Administrators can install patches remotely and will also get detailed reports on what changes were made to the machine. Company officials say they see Intelligent IDS as separate from the mass of security event management products on the market.

“That may be successful for some organizations, but our philosophy is fundamentally different,” said Brett Oliphant, CTO and founder of SecurityProfiling, based in Lafayette, Ind. “We dont use vulnerability assessments because if that worked, youd already know your machine was vulnerable and have it fixed.”

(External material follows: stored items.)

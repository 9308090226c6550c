-- ===== src/Tests/Cf.antt =====
-- Examples of the Cloudflare provider, with keys that are downloaded and a clock of ticks.
use freighter.Base.{
  ends_with, text_eq, text_beq, contains, ℕ, suc, ◌≡◌, refl, none, some, List, [], ◌∷◌, Text, codes,
  ok, true, arith,
}
use freighter.Base.Dict
use freighter.Base.Acts.{◌>>=◌, lift, pure, raise, gets, modify}
use freighter.Auth.Cf.{
  Platform, Claims, PublicKeyUse, CfAccess, CfAuth, refresh, ready, is_service_token,
  user_of_claims, usable_keys, download, fetch, now, user_of_token, user_in_rounds,
  validated_user_id, publish,
}
use freighter.Auth.Cf.Rounds.{IsClock, Waits, ready_total}
use freighter.Auth.Cf.Access.{Signed, IsService, publish-IsService}

-- The world is the time. Every token is one of the service `ci.access`.
abbrev ticks : Platform
ticks = record {
  World = ℕ;
  Key = List ℕ;
  now = λ w. (w, suc w);
  get_jwk_set = λ url w. (
    ok (
        record {
          public_key_use = some PublicKeyUse.signature;
          key_id = some (codes "k");
          material = 7 ∷ [];
        }
        ∷ []),
    suc w,
  );
  from_jwk = λ k. ok k.material;
  decode_header = λ token. some (some (codes "k"));
  decode =
      λ token key audience w. some (record { common_name = some (codes "ci.access"); sub = none });
  split_parse = λ cookies. [];
}

ticks-IsClock : IsClock ticks
ticks-IsClock = record { forward = λ w. omega arith; prompt = λ w. omega arith }

abbrev waiting : CfAccess ticks
waiting = record {
  jwks_url = codes "https://team/certs";
  audience = codes "a";
  next_fetch = 3;
  keys = [];
  world = 5;
}

ready_total_example : Waits ticks-IsClock waiting (ready 5 waiting)
ready_total_example = ready_total ticks-IsClock 3 waiting

abbrev ci : CfAuth ticks
ci = record {
  team_base_url = codes "https://team";
  access = waiting;
  publish_access_ids = codes "ci.access" ∷ [];
}

abbrev published : CfAuth ticks
published = (publish (codes "t") (codes "serde") ci).1

accepted : publish (codes "t") (codes "serde") ci ≡ (ok tt, published)
unfolding publish validated_user_id user_in_rounds ready refresh fetch download now usable_keys
    user_of_token user_of_claims is_service_token Dict.lookup Dict.insert text_beq ◌>>=◌ lift pure
    raise gets modify ends_with
accepted = refl

publish-IsService_example :
    (id : Text) × (claims : Claims) × Signed (codes "t") published.access claims
    × IsService claims id
    × (contains ci.publish_access_ids id ≡ true)
publish-IsService_example = publish-IsService (codes "t") (codes "serde") ci published accepted
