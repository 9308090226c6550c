-- ===== src/Tests/Files.antt =====
-- A file store and a JSON codec that keep their promises, for the examples of the file index.
use Prim.Native.Nat.{compare}
use freighter.Base.{
  ==_iff, Bool-cases, inl, inr, ap, sym, ◌∙◌, text_eq, all, not, ◌&&◌, eqb, ◌+◌, ◌-◌, if◌then◌else◌,
  ℕ, ◌≡◌, refl, Option, none, some, List, [], ◌∷◌, Text, Bytes, ok, err, Bool, true, false, nat_eq,
  arith,
}
use freighter.Base.Dict
use freighter.Base.Dict.{Dict, lookup-insert}
use freighter.Types.Error.{StorageError}
use freighter.Types.Index.{Semver, CrateVersion, Publish}
use freighter.Storage.Metadata.{MetadataStorage, IsStorage}
use freighter.FsIndex.Meta.{Json, is_newline}
use freighter.FsIndex.Meta.RoundTrip.{IsJson}

abbrev pub numbers : Semver
numbers = record {
  Version = ℕ;
  VersionReq = ℕ;
  version_eq = nat_eq;
  zero_version = 0;
  version_cmp = compare;
  version_to_string = λ n. n ∷ [];
  req_to_string = λ n. n ∷ [];
}

-- Files by their paths.
abbrev pub files : MetadataStorage
files = record {
  State = Dict Text Bytes;
  pull_file = λ path s. elim (Dict.lookup path s) [
    | none ↦ err StorageError.not_found
    | some bytes ↦ ok (record { last_modified = none; «data» = bytes })
  ];
  put_file = λ path bytes meta s. (ok tt, Dict.insert path bytes s);
  delete_file = λ path s. (ok tt, Dict.remove path s);
  list_prefix = λ prefix s. ok (Dict.keys s);
  healthcheck = λ s. (ok tt, s);
}

pub files-IsStorage : IsStorage files
files-IsStorage = record {
  pull-put_self = λ path bytes meta s h.
      (none, ground (arith, ==_iff path path, lookup-insert path path bytes s));
  pull-put_ne = λ path other bytes meta s ne.
      ground (arith, ==_iff path other, lookup-insert path other bytes s);
  pull-put_failed = λ path other bytes meta s e h. absurd (ground arith);
}

abbrev is_nil {ℓ} : {A : Type ℓ} → List A → Bool
is_nil [] = true
is_nil (x ∷ xs) = false

is_nil-nil {ℓ} : {A : Type ℓ} (xs : List A) → is_nil xs ≡ true → xs ≡ []
is_nil-nil [] h = refl
is_nil-nil (x ∷ xs) h = absurd (ground arith)

abbrev is_absent {ℓ} : {A : Type ℓ} → Option A → Bool
is_absent none = true
is_absent (some x) = false

is_absent-none {ℓ} : {A : Type ℓ} (x : Option A) → is_absent x ≡ true → x ≡ none
is_absent-none none h = refl
is_absent-none (some x) h = absurd (ground arith)

-- A version with nothing but a name, a number and a flag.
abbrev pub bare_version : Text → ℕ → Bool → CrateVersion numbers
bare_version name vers yanked = record {
  name = name;
  vers = vers;
  deps = [];
  cksum = [];
  features = [];
  yanked = yanked;
  links = none;
  v = 2;
  features2 = [];
}

-- A request with nothing but a name and a number.
abbrev pub bare_publish : Text → ℕ → Publish numbers
bare_publish name vers = record {
  name = name;
  vers = vers;
  deps = [];
  features = [];
  authors = [];
  description = none;
  documentation = none;
  homepage = none;
  readme = none;
  readme_file = none;
  keywords = [];
  categories = [];
  license = none;
  license_file = none;
  repository = none;
  badges = none;
  links = none;
}

abbrev is_bare : CrateVersion numbers → Bool
is_bare v =
    all (λ c. not (is_newline c)) v.name
    && (is_nil v.deps
        && (is_nil v.cksum
            && (is_nil v.features && (is_absent v.links && (eqb v.v 2 && is_nil v.features2)))))

is_bare-bare :
    (v : CrateVersion numbers) → is_bare v ≡ true → v ≡ bare_version v.name v.vers v.yanked
is_bare-bare v h =
    let deps : v.deps ≡ [] = is_nil-nil v.deps (ground arith) in
    let cksum : v.cksum ≡ [] = is_nil-nil v.cksum (ground arith) in
    let features : v.features ≡ [] = is_nil-nil v.features (ground arith) in
    let links : v.links ≡ none = is_absent-none v.links (ground arith) in
    let version : v.v ≡ 2 = ground arith in
    let features2 : v.features2 ≡ [] = is_nil-nil v.features2 (ground arith) in cc

abbrev is_bare_publish : Publish numbers → Bool
is_bare_publish p =
    all (λ c. not (is_newline c)) p.name
    && (is_nil p.deps
        && (is_nil p.features
            && (is_nil p.authors
                && (is_absent p.description
                    && (is_absent p.documentation
                        && (is_absent p.homepage
                            && (is_absent p.readme
                                && (is_absent p.readme_file
                                    && (is_nil p.keywords
                                        && (is_nil p.categories
                                            && (is_absent p.license
                                                && (is_absent p.license_file
                                                    && (is_absent p.repository
                                                        && (is_absent p.badges
                                                            && (is_absent p.links)))))))))))))))

is_bare_publish-bare :
    (p : Publish numbers) → is_bare_publish p ≡ true → p ≡ bare_publish p.name p.vers
is_bare_publish-bare p h =
    let deps : p.deps ≡ [] = is_nil-nil p.deps (ground arith) in
    let features : p.features ≡ [] = is_nil-nil p.features (ground arith) in
    let authors : p.authors ≡ [] = is_nil-nil p.authors (ground arith) in
    let description : p.description ≡ none = is_absent-none p.description (ground arith) in
    let documentation : p.documentation ≡ none = is_absent-none p.documentation (ground arith) in
    let homepage : p.homepage ≡ none = is_absent-none p.homepage (ground arith) in
    let readme : p.readme ≡ none = is_absent-none p.readme (ground arith) in
    let readme_file : p.readme_file ≡ none = is_absent-none p.readme_file (ground arith) in
    let keywords : p.keywords ≡ [] = is_nil-nil p.keywords (ground arith) in
    let categories : p.categories ≡ [] = is_nil-nil p.categories (ground arith) in
    let license : p.license ≡ none = is_absent-none p.license (ground arith) in
    let license_file : p.license_file ≡ none = is_absent-none p.license_file (ground arith) in
    let repository : p.repository ≡ none = is_absent-none p.repository (ground arith) in
    let badges : p.badges ≡ none = is_absent-none p.badges (ground arith) in
    let links : p.links ≡ none = is_absent-none p.links (ground arith) in cc

abbrev flag : Bool → ℕ
flag true = 1
flag false = 2

abbrev read_version : Bytes → Option (CrateVersion numbers)
read_version (mark ∷ f ∷ n ∷ name) =
    if eqb mark 1 then some (bare_version name (n - 11) (eqb f 1)) else none
read_version _ = none

abbrev read_publish : Bytes → Option (Publish numbers)
read_publish (mark ∷ n ∷ name) = if eqb mark 2 then some (bare_publish name (n - 11)) else none
read_publish _ = none

-- Each line has a mark, and then the fields that there are.
abbrev pub codec : Json numbers
codec = record {
  version_to_json =
      λ v. if is_bare v then ok (1 ∷ flag v.yanked ∷ (v.vers + 11) ∷ v.name) else err [];
  version_of_json = read_version;
  publish_to_json = λ p. if is_bare_publish p then ok (2 ∷ (p.vers + 11) ∷ p.name) else err [];
  publish_of_json = read_publish;
}

version-read :
    (v : CrateVersion numbers)
    → read_version (1 ∷ flag v.yanked ∷ (v.vers + 11) ∷ v.name)
      ≡ some (bare_version v.name v.vers v.yanked)
version-read v = ground arith

publish-read :
    (p : Publish numbers)
    → read_publish (2 ∷ (p.vers + 11) ∷ p.name) ≡ some (bare_publish p.name p.vers)
publish-read p = ground arith

publish-not_version : (n : ℕ) (name : Text) → read_version (2 ∷ n ∷ name) ≡ none
publish-not_version n [] = refl
publish-not_version n (c ∷ t) = refl

pub codec-IsJson : IsJson codec
codec-IsJson = record {
  version_line = λ v line h. elim (Bool-cases (is_bare v)) [
    | inl bare ↦
        let eq : line ≡ 1 ∷ flag v.yanked ∷ (v.vers + 11) ∷ v.name = ground arith in
        rw eq ((ground arith, refl), version-read v ∙ ap some (sym (is_bare-bare v bare)))
    | inr other ↦ absurd (ground arith)
  ];
  publish_line = λ p line h. elim (Bool-cases (is_bare_publish p)) [
    | inl bare ↦
        let eq : line ≡ 2 ∷ (p.vers + 11) ∷ p.name = ground arith in
        rw eq (
          (ground arith, refl),
          publish-not_version (p.vers + 11) p.name,
          publish-read p ∙ ap some (sym (is_bare_publish-bare p bare)),
        )
    | inr other ↦ absurd (ground arith)
  ];
}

Instead, the software looks at each machines configuration to see whether the current attack will succeed against it.

Other companies, most notably Citadel Security Software Inc., are pursuing similar paths. However, Citadels Hercules software is meant more for automated vulnerability assessment and remediation and does not include integration with an IDS.

SecurityProfiling plans to add several other components to the system, starting with a firewall and a scanner. Version 2.0 of Intelligent IDS is due in late June, Oliphant said. Version 1.0 is available now for a $4,995 license fee.